Poverty and the environment that breeds it are incongruent with the kingdom ideal that God established. Jesus so much as stated this fact during his “coming out party” in a Nazareth synagogue: “The Spirit of the Lord is on me, because he has anointed me to preach good news to the poor. He has sent me to proclaim freedom for the prisoners, and recovery of sight for the blind, to release the oppressed, to proclaim the year of the Lord’s favor. Today this Scripture has been fulfilled in your hearing.”
This wasn’t about making poverty into something special.

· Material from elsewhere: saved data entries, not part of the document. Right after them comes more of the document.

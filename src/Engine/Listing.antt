-- ===== src/Engine/Listing.antt =====
-- cpp_core/src/lru_cache.cpp: what `all_entries` lists.
use Prim.Native.String.{String}
use quark_cache.Common.{
  ℕ, ◌≡◌, refl, sym, ap, subst, ◌∙◌, ◌↔◌, true, false, Option, none, some, List, [], ◌∷◌, In, inl,
  inr, same, Bool-cases, Option-cases,
}
use quark_cache.Engine.{key_cases, same_refl}
use quark_cache.Engine.Lru.{
  CacheEntry, LruCache, MapValue, is_expired, find, live_entries, all_entries,
}
use quark_cache.Engine.Lru.Map.{UniqueKeys, find-cons_same, find-cons_other}
use quark_cache.Engine.Recency.{held}
use quark_cache.Engine.Promise.{Recency, Shows, entry_of, entry_of-pair, entry_of-pair-none}

module _ (now : ℕ) (key : String) where
  -- The key is in the map with this entry, which has not expired.
  abbrev HasLive : List (String × MapValue) → CacheEntry → Type 0
  HasLive m e =
      (mv : MapValue) × (find key m ≡ some mv) × (mv.entry ≡ e) × (is_expired now e ≡ false)

  HasLive-later :
      (k : String) (w : MapValue) (m : List (String × MapValue)) (e : CacheEntry)
      → find k m ≡ none
      → HasLive m e
      → HasLive ((k, w) ∷ m) e
  HasLive-later k w m e first (mv, there, same_entry, fresh) = elim (key_cases k key) [
    | inl (i, t) ↦ absurd (
        let gone = subst (λ l. find l m ≡ none) i first in
        let q : Path (Option MapValue) none (some mv) = sym gone ∙ there in cc)
    | inr (i, t) ↦ (mv, find-cons_other key k w m t ∙ there, same_entry, fresh)
  ]

  live_entries-HasLive :
      (m : List (String × MapValue)) (e : CacheEntry)
      → UniqueKeys m
      → In (key, e) (live_entries now m)
      → HasLive m e
  unfolding live_entries
  live_entries-HasLive [] e u i = absurd i
  live_entries-HasLive ((k, w) ∷ m) e (first, u) i = elim (Bool-cases (is_expired now w.entry)) [
    | inl old ↦ HasLive-later k w m e first (live_entries-HasLive m e u (rw old at i))
    | inr fresh ↦ elim (rw fresh at i) [
      | inl h ↦
          let same_key : key ≡ k = ap (λ p. p.0) h in
          let same_entry : e ≡ w.entry = ap (λ p. p.1) h in
          (
            w,
            find-cons_same key k w m (subst (λ l. same l key ≡ true) same_key (same_refl key)),
            sym same_entry,
            rw same_entry fresh,
          )
      | inr h ↦ HasLive-later k w m e first (live_entries-HasLive m e u h)
    ]
  ]

  In-live_entries :
      (m : List (String × MapValue)) (mv : MapValue)
      → find key m ≡ some mv
      → is_expired now mv.entry ≡ false
      → In (key, mv.entry) (live_entries now m)
  unfolding live_entries find
  In-live_entries [] mv h fresh = cc
  In-live_entries ((k, w) ∷ m) mv h fresh = elim (key_cases k key) [
    | inl (i, t) ↦
        let same_value : w ≡ mv = let q = rw t at h in cc in
        let live : is_expired now w.entry ≡ false = rw same_value fresh in
        rw live (inl (rw (i, same_value) refl))
    | inr (i, t) ↦
        let later = In-live_entries m mv (rw t at h) fresh in
        elim (Bool-cases (is_expired now w.entry)) [
          | inl old ↦ rw old later
          | inr live ↦ rw live (inr later)
        ]
  ]

  -- `all_entries` lists a key with an entry exactly if the cache holds that entry for the key and it has
  -- not expired.
  pub all_entries-In_iff :
      (c : LruCache) (rs : Recency) (e : CacheEntry)
      → Shows c rs
      → In (key, e) (all_entries now c) ↔ ((entry_of key rs ≡ some e) × (is_expired now e ≡ false))
  unfolding all_entries
  all_entries-In_iff c rs e (ss, r, shown) = (
    λ i.
        let (mv, there, same_entry, fresh) = live_entries-HasLive c.entries e r.unique i in
        let found = entry_of-pair key mv ss (sym (r.finds key) ∙ there) in
        (subst (λ l. entry_of key l ≡ some e) shown (found ∙ ap some same_entry), fresh),
    λ h.
        let (found, fresh) = h in
        elim (Option-cases (held key ss)) [
          | inl k ↦
              let lost = subst (λ l. entry_of key l ≡ none) shown (entry_of-pair-none key ss k) in
              let q : Path (Option CacheEntry) none (some e) = sym lost ∙ found in cc
          | inr (mv, k) ↦
              let held_entry =
                subst (λ l. entry_of key l ≡ some mv.entry) shown (entry_of-pair key mv ss k) in
              let same_entry : mv.entry ≡ e =
                let q : Path (Option CacheEntry) (some mv.entry) (some e) =
                  sym held_entry ∙ found in
                cc in
              subst (λ x. In (key, x) (live_entries now c.entries)) same_entry
                (In-live_entries c.entries mv (r.finds key ∙ k) (rw same_entry fresh))
        ],
  )
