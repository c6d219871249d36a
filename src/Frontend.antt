-- ===== src/Frontend.antt =====
-- The dashboard (frontend/): the browser's services and its documents, then the pages.
pub mod Js
pub mod Html
pub mod Api
pub mod Runtime
pub mod Commands
pub mod Chat
pub mod Keys
pub mod Poll
pub mod Bench
pub mod Shell
pub mod Settings
pub mod Theme
pub mod MetricCard
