-- ===== src/Frontend/Api.antt =====
-- types/index.ts: what the pages exchange with the backend through the client of lib/apiClient.ts,
-- whose own work (the HTTP call) is the environment's: a call goes out, and a reply comes back.
-- Whole numbers of the wire are ℕ; `hit_ratio`, rates and times are the browser's numbers.
use Prim.Native.String.{String}
use quark_cache.Common.{ℕ, Bool, Option, List}

module _ (Number : Type 0) where
  pub record MetricsResponse : Type 0 where
    pub total_requests : ℕ
    pub hits : ℕ
    pub misses : ℕ
    pub hit_ratio : Number
    pub ops_per_sec : Number
    pub memory_used_bytes : ℕ
    pub memory_limit_bytes : ℕ
    pub active_connections : ℕ

  -- `ttl` is left out (`undefined`) or a number, which may be NaN.
  pub record SetKeyRequest : Type 0 where
    pub key : String
    pub value : String
    pub ttl : Option Number

  pub record BenchmarkRequest : Type 0 where
    pub num_ops : ℕ
    pub read_ratio : Number
    pub value_size : ℕ
    pub key_space : ℕ

  pub record LatencyPercentiles : Type 0 where
    pub p50_ms : Number
    pub p95_ms : Number
    pub p99_ms : Number
    pub min_ms : Number
    pub max_ms : Number

  pub record BenchmarkResponse : Type 0 where
    pub num_ops : ℕ
    pub total_time_ms : Number
    pub ops_per_sec : Number
    pub latency : LatencyPercentiles
    pub errors : ℕ

-- `ttl_remaining` is `null` or the seconds left.
pub record KeyListItem : Type 0 where
  pub key : String
  pub value : String
  pub ttl_remaining : Option ℕ

pub record KeyListResponse : Type 0 where
  pub keys : List KeyListItem
  pub count : ℕ

pub record KeyResponse : Type 0 where
  pub key : String
  pub value : String
  pub ttl_remaining : Option ℕ

pub record DeleteResponse : Type 0 where
  pub key : String
  pub deleted : Bool

pub record HealthResponse : Type 0 where
  pub status : String
  pub version : String
  pub cpp_server_reachable : Bool

-- How a call ends: with the answer's body, or rejected, where the error may carry the server's
-- `response.data.detail`.
pub data Reply (A : Type 0) : Type 0 where
  ok : A → Reply A
  failed : Option String → Reply A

I have been in far too many disheveled hovels, literal hellholes of the disenfranchised, all over the globe. In not one place have I ever found poverty to be innately special or God-intended. The opposite is true: Human privation is a desecration of God’s original
So we’ve got work to do. God has called each of his children into a partnership with himself, creating through our lives, in his power, the very proof that the kingdom is here, that the vulnerable
of our world are touched, loved, safe — and saved. Each one of us must partner with God in allowing all to experience the Good News. That is as true about our connection with the Asian tsunami survivors as it is with those in the blighted neighborhoods
of our own inner cities.
I’ve watched Seattle Pacific University graduates take the Good News into the city of Seattle and around the globe — some of them in association with World Vision. Although our roles may be different, SPU and World Vision share a similar desire to be ambassadors of reconciliation in the world. At World Vision, for clarity’s sake, we spell out our witness to kingdom
reality through these four dimensions:
Life (the expression of the Good News by who we are and what we believe). As God did not hesitate in offering up his son, we do not hesitate in offering up ourselves for victims of any
crisis. More than 3,700 World Vision indigenous staff members were already present when the floodwaters rose in Southeast Asia. Rather than escape or care for their own losses, many turned into the disaster and went to work.
Deed (what we do before others). We serve all people in need, regardless of religious differences, as an expression of our love for Christ. Our compassionate donors and staff have borne witness to the Good News by providing tsunami survivors with homes, latrines, counseling, clinics, schools, child-friendly spaces, clean water systems, clothing, food, vehicle transports, and income-generating opportunities.
Word (the message we proclaim verbally). We are neither apologetic nor condescending regarding the truthfulness of the gospel; at the same time we understand that verbal witness may have its limitations. Our staff members use care and discernment
when responding to the questions of those we serve.
Sign (what God does through us). We have learned to leave room for God to do more than our relief and development plans envision. Being a follower of Christ is about being the manifestation
of the kingdom in all its fullness. It’s about you and me allowing God to work through us.
The Asian tsunami crisis is only the most recent invitation for
Christ followers to give witness to a call that has been with us since creation. Not everyone has been tapped for duty on this specific
disaster, but all of us are under orders to live out loud through reconciled relationships with others and with the earth. In this way, each of us can make a difference in this time between times.
The Lausanne Covenant describes the Christian gospel as “Good News of liberation, of restoration, of wholeness, and of
salvation that is personal, social, global, and cosmic.” Where is God when tragedy occurs? He is reaching out, through us, to bring hope and healing to all who suffer. He is working and speaking through Christians who are called, as the Lausanne Covenant says, to “embody his reign of shalom here and now” and to “make his Good News seen and known.”